[GIVEN DATA]:
□ □ □
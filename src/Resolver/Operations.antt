-- ===== src/Resolver/Operations.antt =====
-- The methods of `Resolver` of internal/resolver/resolver.go: which statements they send, and what they
-- make of the answers.
pub mod Sent
pub mod AggregateNames
use graphpost.Prelude.{
  ℕ, String, List, [], ◌∷◌, ◌++◌, Bool, Option, none, some, length, if◌then◌else◌, ◌==◌,
}
use mathlib.Core.Option.{get_or}
use graphpost.Prelude.Int.{ℤ}
use graphpost.Prelude.Text.{cut_prefix}
use graphpost.Json.{Value, str, Fields}
use graphpost.Maps.{GoMap, put}
use graphpost.Resolver.Sql.{Statement}
use graphpost.Resolver.Columns.{Encoders}
use graphpost.Resolver.Statements.{
  QueryParams, MutationParams, build_select_query, build_count_query, build_insert_query,
  build_batch_insert_query, build_update_by_pk_query, build_update_query, delete_statement,
  delete_by_pk_statement, query_by_pk_statement,
}
use graphpost.Resolver.Aggregates.{Column, aggregate_statement}
use graphpost.Resolver.Answers.{
  Pool, ResultRow, Reply, rows_reply, aggregate_reply, affected, AggregateFields, no_fields,
  first_reply, affected_reply, all_reply, fields_of, query_rows,
}

pub record Resolver : Type 0 where
  pub enc : Encoders
  pub db_schema : String
  pub tables : String → Option (List Column)
  pub pool : Pool

-- `NewResolver`: no schema is the schema public.
unfoldable pub new_resolver : Encoders → Pool → (String → Option (List Column)) → String → Resolver
new_resolver enc pool tables schema = record {
  enc = enc;
  db_schema = if schema == "" then "public" else schema;
  tables = tables;
  pool = pool;
}

-- The calls of the methods with the prefix `Resolve`.
pub data Call : Type 0 where
  call_query : QueryParams → Call
  call_query_by_pk : String → Fields → Call
  call_aggregate : QueryParams → Call
  call_insert_one : MutationParams → Call
  call_insert : MutationParams → Call
  call_update_by_pk : MutationParams → Call
  call_update : MutationParams → Call
  call_delete_by_pk : String → Fields → Call
  call_delete : MutationParams → Call

-- What a call sends, and its reply.
abbrev pub Outcome : Type 0
Outcome = List Statement × Option Reply

abbrev pub sent_if : Option Statement → List Statement
sent_if none = []
sent_if (some s) = s ∷ []

module _ (r : Resolver) where
  -- Without a column that can be compared there is no query.
  unfoldable pub aggregate_fields : Option Statement → Option AggregateFields
  unfolding fields_of
  aggregate_fields none = some no_fields
  aggregate_fields (some s) = fields_of (r.pool.query s)

  -- An error of the query for the fields leaves them out.
  unfoldable pub with_table : QueryParams → ℤ → List ResultRow → Option (List Column) → Outcome
  unfolding aggregate_fields
  with_table params n nodes none = ([], some (aggregate_reply n nodes no_fields))
  with_table params n nodes (some columns) =
      let s = aggregate_statement r.enc r.db_schema columns params in
      (sent_if s, some (aggregate_reply n nodes (get_or (aggregate_fields s) no_fields)))

  unfoldable pub with_nodes : QueryParams → ℤ → Option (List ResultRow) → Outcome
  unfolding with_table
  with_nodes params n none = ([], none)
  with_nodes params n (some nodes) = with_table params n nodes (r.tables params.table_name)

  unfoldable pub with_count : QueryParams → Option ℤ → Outcome
  unfolding with_nodes
  with_count params none = ([], none)
  with_count params (some n) =
      let s = build_select_query r.enc r.db_schema params in
      let (sent, reply) = with_nodes params n (query_rows r.pool s) in (s ∷ sent, reply)

  unfoldable pub resolve_aggregate : QueryParams → Outcome
  unfolding with_count
  resolve_aggregate params =
      let s = build_count_query r.enc r.db_schema params in
      let (sent, reply) = with_count params (r.pool.count s) in (s ∷ sent, reply)

  unfoldable pub by_pk_of : String → Fields → Option (List Column) → Outcome
  by_pk_of table pk none = ([], none)
  by_pk_of table pk (some columns) =
      let s = query_by_pk_statement r.db_schema table pk in
      (s ∷ [], first_reply (query_rows r.pool s))

  -- No objects are no statement.
  unfoldable pub resolve_insert : String → List Fields → Outcome
  resolve_insert table [] = ([], some (affected 0 []))
  resolve_insert table (object ∷ objects) =
      let s = build_batch_insert_query r.enc r.db_schema table (object ∷ objects) in
      (s ∷ [], affected_reply (query_rows r.pool s))

  abbrev pub resolve_query : QueryParams → Outcome
  resolve_query params =
      let s = build_select_query r.enc r.db_schema params in
      (s ∷ [], all_reply (query_rows r.pool s))

  abbrev pub resolve_insert_one : MutationParams → Outcome
  resolve_insert_one params =
      let s = build_insert_query r.enc r.db_schema params.table_name params.object in
      (s ∷ [], first_reply (query_rows r.pool s))

  abbrev pub resolve_update_by_pk : MutationParams → Outcome
  resolve_update_by_pk params =
      let s = build_update_by_pk_query r.enc r.db_schema params in
      (s ∷ [], first_reply (query_rows r.pool s))

  abbrev pub resolve_update : MutationParams → Outcome
  resolve_update params =
      let s = build_update_query r.enc r.db_schema params in
      (s ∷ [], affected_reply (query_rows r.pool s))

  abbrev pub resolve_delete_by_pk : String → Fields → Outcome
  resolve_delete_by_pk table pk =
      let s = delete_by_pk_statement r.db_schema table pk in
      (s ∷ [], first_reply (query_rows r.pool s))

  abbrev pub resolve_delete : MutationParams → Outcome
  resolve_delete params =
      let s = delete_statement r.enc r.db_schema params in
      (s ∷ [], affected_reply (query_rows r.pool s))

  abbrev pub resolve_query_by_pk : String → Fields → Outcome
  resolve_query_by_pk table pk = by_pk_of table pk (r.tables table)

  -- A call of any of the methods.
  unfoldable pub resolve : Call → Outcome
  resolve (call_query params) = resolve_query params
  resolve (call_query_by_pk table pk) = resolve_query_by_pk table pk
  resolve (call_aggregate params) = resolve_aggregate params
  resolve (call_insert_one params) = resolve_insert_one params
  resolve (call_insert params) = resolve_insert params.table_name params.objects
  resolve (call_update_by_pk params) = resolve_update_by_pk params
  resolve (call_update params) = resolve_update params
  resolve (call_delete_by_pk table pk) = resolve_delete_by_pk table pk
  resolve (call_delete params) = resolve_delete params
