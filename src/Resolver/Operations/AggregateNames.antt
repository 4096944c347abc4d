-- ===== src/Resolver/Operations/AggregateNames.antt =====
-- The names of the columns of an aggregate of internal/resolver/resolver.go, there and back.
use Prim.Native.Char.{code}
use Prim.Native.String
use Prim.Native.String.append
use graphpost.Prelude.{
  String, List, [], ◌∷◌, ◌++◌, Bool, true, false, none, some, ◌≡◌, refl, eqb, arith, if◌then◌else◌,
}
use graphpost.Prelude.Text.{cut_prefix, trim_prefix, eqb_self}
use graphpost.Maps.{GoMap, put}
use graphpost.Resolver.Sql.{text, ident, Clause}
use graphpost.Resolver.Aggregates.{extremes, moments}
use graphpost.Resolver.Answers.{DbValue, AggregateFields, no_fields, organize, organize_column}

cut_prefix-append : (p s : String) → cut_prefix p (String.◌++◌ p s) ≡ some s
unfolding cut_prefix
cut_prefix-append String.[] s = rw (append.nil) refl
cut_prefix-append (String.◌∷◌ c p) s =
    rw (append.cons, cut_prefix-append p s, eqb_self (code c)) refl

-- Two texts that differ at a character of both.
clash : String → String → Bool
clash (String.◌∷◌ c p) (String.◌∷◌ d q) =
    let rest = clash p q in if eqb (code c) (code d) then rest else true
clash _ _ = false

cut_prefix-clash : (p q s : String) → clash p q ≡ true → cut_prefix p (String.◌++◌ q s) ≡ none
unfolding cut_prefix clash
cut_prefix-clash String.[] q s h = cc
cut_prefix-clash (String.◌∷◌ c p) String.[] s h = cc
cut_prefix-clash (String.◌∷◌ c p) (String.◌∷◌ d q) s h =
    rw (append.cons) (ground (arith, cut_prefix-clash p q s))

-- What a column of the name of an aggregate comes to.
module _ (c : String) (v : DbValue) (fs : AggregateFields) where
  organize_column-min :
      organize_column (String.◌++◌ "min_" c) v fs ≡ record fs { min = put c v fs.min }
  unfolding organize_column clash
  organize_column-min = rw (organize_column, cut_prefix-append "min_" c) refl

  organize_column-max :
      organize_column (String.◌++◌ "max_" c) v fs ≡ record fs { max = put c v fs.max }
  unfolding organize_column clash
  organize_column-max =
      rw (organize_column, cut_prefix-clash "min_" "max_" c refl, cut_prefix-append "max_" c) refl

  organize_column-sum :
      organize_column (String.◌++◌ "sum_" c) v fs ≡ record fs { sum = put c v fs.sum }
  unfolding organize_column clash
  organize_column-sum =
      rw
        (
          organize_column,
          cut_prefix-clash "min_" "sum_" c refl,
          cut_prefix-clash "max_" "sum_" c refl,
          cut_prefix-append "sum_" c,
        )
        refl

  organize_column-avg :
      organize_column (String.◌++◌ "avg_" c) v fs ≡ record fs { avg = put c v fs.avg }
  unfolding organize_column clash
  organize_column-avg =
      rw
        (
          organize_column,
          cut_prefix-clash "min_" "avg_" c refl,
          cut_prefix-clash "max_" "avg_" c refl,
          cut_prefix-clash "sum_" "avg_" c refl,
          cut_prefix-append "avg_" c,
        )
        refl

  organize_column-stddev :
      organize_column (String.◌++◌ "stddev_" c) v fs ≡ record fs { stddev = put c v fs.stddev }
  unfolding organize_column clash
  organize_column-stddev =
      rw
        (
          organize_column,
          cut_prefix-clash "min_" "stddev_" c refl,
          cut_prefix-clash "max_" "stddev_" c refl,
          cut_prefix-clash "sum_" "stddev_" c refl,
          cut_prefix-clash "avg_" "stddev_" c refl,
          cut_prefix-append "stddev_" c,
        )
        refl

  organize_column-variance :
      organize_column (String.◌++◌ "variance_" c) v fs
      ≡ record fs { variance = put c v fs.variance }
  unfolding organize_column clash
  organize_column-variance =
      rw
        (
          organize_column,
          cut_prefix-clash "min_" "variance_" c refl,
          cut_prefix-clash "max_" "variance_" c refl,
          cut_prefix-clash "sum_" "variance_" c refl,
          cut_prefix-clash "avg_" "variance_" c refl,
          cut_prefix-clash "stddev_" "variance_" c refl,
          cut_prefix-append "variance_" c,
        )
        refl

-- A row that answers the columns of a SELECT, under the aliases of its text: `val` gives the value for
-- the text of a function and a column.
unfoldable pub answered : (String → String → DbValue) → List Clause → List (String × DbValue)
answered val [] = []
answered val ((text fn ∷ ident column ∷ text alias ∷ text c ∷ []) ∷ parts) =
    (String.◌++◌ (trim_prefix ") as " alias) c, val fn column) ∷ answered val parts
answered val (part ∷ parts) = answered val parts

-- The value of each column under its name, onto a map.
unfoldable pub put_all : (String → DbValue) → List String → GoMap DbValue → GoMap DbValue
put_all val [] row = row
put_all val (c ∷ cs) row = put_all val cs (put c (val c) row)

module _ (val : String → String → DbValue) where
  organize-extremes :
      (cs : List String) (parts : List Clause) (fs : AggregateFields)
      → organize (answered val (extremes cs ++ parts)) fs
        ≡ organize (answered val parts) (record fs {
          min = put_all (val "MIN(") cs fs.min;
          max = put_all (val "MAX(") cs fs.max;
        })
  unfolding organize answered extremes put_all trim_prefix cut_prefix
  organize-extremes [] parts fs = refl
  organize-extremes (c ∷ cs) parts fs =
      rw
        (
          organize,
          organize_column-min c _ fs,
          organize_column-max c _ _,
          organize-extremes cs parts,
        )
        refl

  organize-moments :
      (cs : List String) (fs : AggregateFields)
      → organize (answered val (moments cs)) fs ≡ record fs {
        sum = put_all (val "SUM(") cs fs.sum;
        avg = put_all (val "AVG(") cs fs.avg;
        stddev = put_all (val "STDDEV(") cs fs.stddev;
        variance = put_all (val "VARIANCE(") cs fs.variance;
      }
  unfolding organize answered moments put_all trim_prefix cut_prefix
  organize-moments [] fs = refl
  organize-moments (c ∷ cs) fs =
      rw
        (
          organize_column-sum c _ fs,
          organize_column-avg c _ _,
          organize_column-stddev c _ _,
          organize_column-variance c _ _,
          organize-moments cs,
        )
        refl

  -- If the connection answers the columns of the query for aggregates under the aliases that they have in
  -- its text, then min and max hold exactly the results of MIN and MAX for the columns that can be
  -- compared, and sum, avg, stddev and variance those of their functions for the numeric columns, each
  -- under the name of the column.
  pub organize-aggregates :
      (compared numeric : List String)
      → organize (answered val (extremes compared ++ moments numeric)) no_fields ≡ record {
        min = put_all (val "MIN(") compared [];
        max = put_all (val "MAX(") compared [];
        sum = put_all (val "SUM(") numeric [];
        avg = put_all (val "AVG(") numeric [];
        stddev = put_all (val "STDDEV(") numeric [];
        variance = put_all (val "VARIANCE(") numeric [];
      }
  organize-aggregates compared numeric =
      rw (organize-extremes compared (moments numeric) no_fields, organize-moments numeric) refl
□ □ □
[WORK TASK]:
Out of the material above, output word for word the line with "call_update_by_pk : MutationParams → Call", the line with "with_nodes params n none = ([], none)", and all lines between them, with nothing else.

[EXERCISE OUTPUT]:
  call_update_by_pk : MutationParams → Call
  call_update : MutationParams → Call
  call_delete_by_pk : String → Fields → Call
  call_delete : MutationParams → Call

-- What a call sends, and its reply.
abbrev pub Outcome : Type 0
Outcome = List Statement × Option Reply

abbrev pub sent_if : Option Statement → List Statement
sent_if none = []
sent_if (some s) = s ∷ []

module _ (r : Resolver) where
  -- Without a column that can be compared there is no query.
  unfoldable pub aggregate_fields : Option Statement → Option AggregateFields
  unfolding fields_of
  aggregate_fields none = some no_fields
  aggregate_fields (some s) = fields_of (r.pool.query s)

  -- An error of the query for the fields leaves them out.
  unfoldable pub with_table : QueryParams → ℤ → List ResultRow → Option (List Column) → Outcome
  unfolding aggregate_fields
  with_table params n nodes none = ([], some (aggregate_reply n nodes no_fields))
  with_table params n nodes (some columns) =
      let s = aggregate_statement r.enc r.db_schema columns params in
      (sent_if s, some (aggregate_reply n nodes (get_or (aggregate_fields s) no_fields)))

  unfoldable pub with_nodes : QueryParams → ℤ → Option (List ResultRow) → Outcome
  unfolding with_table
  with_nodes params n none = ([], none)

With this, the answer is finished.